Incidentally, recycling the digested sludge back to the fermentation tank is being praticed only because, in the first place, both of the anaerobic bacteria have been presumed to have been deposited on the undecomposed solids in the digested sludge and have been concentrated, and, secondly, even if the bacteria in the waste water under treatment are supposed to exist in a suspended situation, no practicable means for concentration-separation without biologically deactivating the bacteria has not so far been identified. It has not been clarified yet whether a greater proportion of those two bacteria is dispersed in the solid fraction of slurry (digested sludge) or whether in the liquor fraction (treated water), due to a lack of any reliable analysis method.
Thereupon, the present inventors had checked by microscope in what manner the bacteria exist in various kinds of anaerobic digested slurry, and, as a result, they found that those anaerobic bacteria suspended in the liquor are far greater in their proportion than those which are deposited on such solids which are not easily decomposable as cellulosic fibers.

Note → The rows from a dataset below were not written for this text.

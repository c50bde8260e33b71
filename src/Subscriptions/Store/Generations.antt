-- ===== src/Subscriptions/Store/Generations.antt =====
-- subscriptions/store.go: the files of a subscription's profiles and candidates, which are never
-- overwritten with other content, since their names carry the hashes. `hash` is `hashBytes`, the
-- SHA-256 digest in hexadecimal digits, which is outside the repository.
use clashpulse.Base.{
  ℕ, String, Bool, false, not, ◌&&◌, ◌||◌, Option, none, some, if◌then◌else◌, leb, ◌=s◌, is_blank,
  length,
}
use clashpulse.Subscriptions.Model.{
  not_found, no_snapshot, store_failed, Result, ok, err, valid_id, valid_optional_hash,
}
use clashpulse.Subscriptions.Store.{
  Bytes, Usage, Rec, Dir, Disk, Store, StoreOutcome, set_at, set_dir, write_record,
  max_profile_bytes, max_candidate_bytes,
}

-- A generation: the hash of a profile and of the candidate made from it.
pub record Pair : Type 0 where
  pub profile_hash : String
  pub candidate_hash : String

abbrev pub pair_of : Rec → Pair
pair_of r = record { profile_hash = r.hash; candidate_hash = r.candidate_hash }

abbrev pub applied_pair : Rec → Pair
applied_pair r = record {
  profile_hash = r.applied_profile_hash;
  candidate_hash = r.applied_candidate_hash;
}

abbrev pub is_blank_pair : Pair → Bool
is_blank_pair p = is_blank p.profile_hash || is_blank p.candidate_hash

-- What `readPrivateFile` reads, and whether the content has the hash.
unfoldable pub read_file : Bool → ℕ → Option Bytes → Option Bytes
read_file readable limit none = none
read_file readable limit (some b) = if readable && leb (length b) limit then some b else none

unfoldable pub names_generation : String → Pair → Bool
names_generation id p =
    valid_id id
    && valid_optional_hash p.profile_hash
    && not (is_blank p.profile_hash)
    && valid_optional_hash p.candidate_hash
    && not (is_blank p.candidate_hash)

unfoldable pub profile_at : Pair → Option Dir → Option Bytes
profile_at p none = none
profile_at p (some d) = d.profiles p.profile_hash

unfoldable pub bytes_or_failed : Option Bytes → Result Bytes
bytes_or_failed none = err store_failed
bytes_or_failed (some b) = ok b

unfoldable pub with_dir : (Dir → Dir) → String → Disk → Disk
with_dir f id disk = elim (disk.dirs id) [ none ↦ disk | some d ↦ set_dir id (some (f d)) disk ]

-- What a check found.
pub record Check : Type 0 where
  pub now : ℕ
  pub etag : String
  pub last_modified : String
  pub usage : Option Usage
  pub downloaded_only : Bool

-- The calls of `promote` that can fail, in their order.
pub record PromoteIo : Type 0 where
  pub dir_ok : Bool
  pub profile_ok : Bool
  pub candidate_ok : Bool
  pub record_ok : Bool

unfoldable pub same_pair : Pair → Pair → Bool
same_pair p q = p.profile_hash =s q.profile_hash && p.candidate_hash =s q.candidate_hash

unfoldable pub generation_referenced : Rec → Pair → Bool
unfolding same_pair
generation_referenced r p = same_pair (pair_of r) p || same_pair (applied_pair r) p

unfoldable pub drop_candidate : Pair → Dir → Dir
drop_candidate p d = record d {
  candidates = λ q.
      if q =s p.profile_hash then set_at p.candidate_hash none (d.candidates q) else d.candidates q;
}

unfoldable pub drop_profile : String → Dir → Dir
drop_profile h d = record d { profiles = set_at h none d.profiles }

-- The removals of `rollbackPromotion`, each of which may fail unnoticed.
unfoldable pub drop_generation : Bool → Bool → Rec → Pair → Dir → Dir
unfolding generation_referenced drop_candidate drop_profile
drop_generation candidate_gone profile_gone previous p d =
    let without =
      if not (generation_referenced previous p) && candidate_gone then drop_candidate p d else d in
    if not (p.profile_hash =s previous.hash)
      && not (p.profile_hash =s previous.applied_profile_hash)
      && profile_gone
    then drop_profile p.profile_hash without
    else without

unfoldable pub rollback_promotion : Bool → Bool → Bool → String → Rec → Pair → Store → StoreOutcome
unfolding with_dir drop_generation
rollback_promotion write_ok candidate_gone profile_gone id previous p s =
    let back = record s { records = set_at id (some previous) s.records } in
    elim (s.records id) [
      | none ↦ (some not_found, s)
      | some r ↦ if not write_ok then (some store_failed, back) else (
        none,
        record back {
          disk =
              with_dir (drop_generation candidate_gone profile_gone previous p) id
                (write_record id previous s.disk);
        },
      )
    ]

-- Which removals of `cleanupGenerations` succeed, by the file, and whether it lists the directory.
pub record CleanIo : Type 0 where
  pub listed : Bool
  pub profile_gone : String → Bool
  pub candidate_gone : String → String → Bool

unfoldable pub keeps_profile : Pair → Pair → String → Bool
keeps_profile now applied h =
    not (is_blank_pair now) && h =s now.profile_hash
    || not (is_blank_pair applied) && h =s applied.profile_hash

unfoldable pub keeps_candidate : Pair → Pair → Pair → Bool
unfolding same_pair
keeps_candidate now applied p =
    not (is_blank_pair now) && same_pair p now || not (is_blank_pair applied) && same_pair p applied

unfoldable pub cleanup_generations : CleanIo → Pair → Pair → Dir → Dir
unfolding keeps_profile keeps_candidate
cleanup_generations io now applied d = if not io.listed then d else record d {
  profiles =
      λ h. if not (keeps_profile now applied h) && io.profile_gone h then none else d.profiles h;
  candidates = λ h c.
      if not (keeps_candidate now applied (record { profile_hash = h; candidate_hash = c }))
        && io.candidate_gone h c
      then none
      else d.candidates h c;
}

unfoldable pub clean_dir : CleanIo → Option Rec → Option Dir → Option Dir
unfolding cleanup_generations
clean_dir io none d = d
clean_dir io (some r) none = none
clean_dir io (some r) (some d) = some (cleanup_generations io (pair_of r) (applied_pair r) d)

unfoldable pub finalize_promotion : CleanIo → String → Store → Store
unfolding clean_dir
finalize_promotion io id s = record s {
  disk = set_dir id (clean_dir io (s.records id) (s.disk.dirs id)) s.disk;
}

-- `cleanupApplied`, over all records.
unfoldable pub cleanup_applied : (String → CleanIo) → Store → Store
unfolding clean_dir
cleanup_applied io s = record s {
  disk = record s.disk { dirs = λ id. clean_dir (io id) (s.records id) (s.disk.dirs id) };
}

module _ (hash : Bytes → String) where
  unfoldable pub has_hash : String → Option Bytes → Bool
  has_hash h none = false
  has_hash h (some b) = hash b =s h

  -- `readGenerationFiles` and `generationMatches`.
  unfoldable pub generation_ok : Bool → Pair → Dir → Bool
  unfolding read_file has_hash
  generation_ok readable p d =
      has_hash p.profile_hash (read_file readable max_profile_bytes (d.profiles p.profile_hash))
      && has_hash p.candidate_hash
          (read_file readable max_candidate_bytes (d.candidates p.profile_hash p.candidate_hash))

  unfoldable pub matches_at : Bool → Pair → Option Dir → Bool
  unfolding generation_ok
  matches_at readable p none = false
  matches_at readable p (some d) = generation_ok readable p d

  unfoldable pub read_pair_profile : Bool → String → Pair → Option Dir → Result Bytes
  unfolding names_generation matches_at profile_at bytes_or_failed
  read_pair_profile readable id p d =
      if not (names_generation id p)
      then err no_snapshot
      else if not (matches_at readable p d)
      then err store_failed
      else bytes_or_failed (profile_at p d)

  -- `verifyPair` returns no error.
  unfoldable pub verify_pair : Bool → String → Pair → Option Dir → Bool
  unfolding names_generation matches_at
  verify_pair readable id p d = names_generation id p && matches_at readable p d

  -- The records `Profile`, `ActiveProfile` and `recordSnapshot` give out.
  unfoldable pub profile : Bool → String → Store → Result Bytes
  profile readable id s = elim (s.records id) [
    | none ↦ err not_found
    | some r ↦ read_pair_profile readable id (pair_of r) (s.disk.dirs id)
  ]

  unfoldable pub active_profile : Bool → Store → Result (String × Bytes)
  active_profile readable s =
      let m = s.current in
      if is_blank m.id
      then err no_snapshot
      else elim (read_pair_profile readable m.id
          (record { profile_hash = m.profile_hash; candidate_hash = m.candidate_hash })
          (s.disk.dirs m.id)) [ err e ↦ err e | ok b ↦ ok (m.id, b) ]

  unfoldable pub record_snapshot : Bool → String → Store → Result Rec
  unfolding matches_at
  record_snapshot readable id s = elim (s.records id) [
    | none ↦ err not_found
    | some r ↦
        if is_blank_pair (pair_of r)
        then err no_snapshot
        else if not (matches_at readable (pair_of r) (s.disk.dirs id))
        then err store_failed
        else ok r
  ]

  unfoldable pub put_profile : Bytes → Dir → Dir
  put_profile b d = record d { profiles = set_at (hash b) (some b) d.profiles }

  unfoldable pub put_candidate : String → Bytes → Dir → Dir
  put_candidate p b d = record d {
    candidates = λ q. if q =s p then set_at (hash b) (some b) (d.candidates q) else d.candidates q;
  }

  unfoldable pub promoted : Bytes → Bytes → Check → Rec → Rec
  promoted profile candidate c r = record r {
    hash = hash profile;
    candidate_hash = hash candidate;
    downloaded_only = c.downloaded_only;
    checked_at = c.now;
    last_success = c.now;
    last_failure_at = 0;
    last_failure = "";
    etag = c.etag;
    last_modified = c.last_modified;
    usage = c.usage;
  }

  -- The previous record, where it succeeds.
  unfoldable pub promote : PromoteIo → String → Bytes → Bytes → Check → Store → Result Rec × Store
  unfolding with_dir put_profile put_candidate promoted
  promote io id profile candidate c s =
      let with_profile = with_dir (put_profile profile) id s.disk in
      let with_both = with_dir (put_candidate (hash profile) candidate) id with_profile in
      elim (s.records id) [
        | none ↦ (err not_found, s)
        | some r ↦
            if not io.dir_ok || not io.profile_ok
            then (err store_failed, s)
            else if not io.candidate_ok
            then (err store_failed, record s { disk = with_profile })
            else if not io.record_ok
            then (err store_failed, record s { disk = with_both })
            else (
              ok r,
              record s {
                records = set_at id (some (promoted profile candidate c r)) s.records;
                disk = write_record id (promoted profile candidate c r) with_both;
              },
            )
      ]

Based on the aforementioned new knowledge, and as a result of their serious efforts for identifying a process highly practicable for recovering cells of both anaerobic bacterial cells contained in the anaerobically digested liquor, they acquired another new knowledge as cited here below. When excess activated sludge which is produced by treating organic waste water with activated sludge was added to the digestion treatment water and stirred/mixed under an open atmosphere, it was discovered that (1) both anaerobic bacteria were effectively deposited on excess activated sludge, and (2) they could easily be precipitated/separated together with excess activated sludge through gravity sedimentation. Upon testing the fermentation activity of both anaerobic bacteria thus recovered, it was made known that the beginning of fermentation delayed three to six days and the fermentation activity as well was low. In other words, it was noted that even if physically the bacterial cells could be recovered, their biological activity was damaged. Then through further research efforts, it was finally clarified that if the stirring be performed under an anaerobic conditions, there would be no delay in the beginning of fermentation and the fermentation activity could be high enough.
The present invention has been the product based on a number of new discoveries as mentioned above.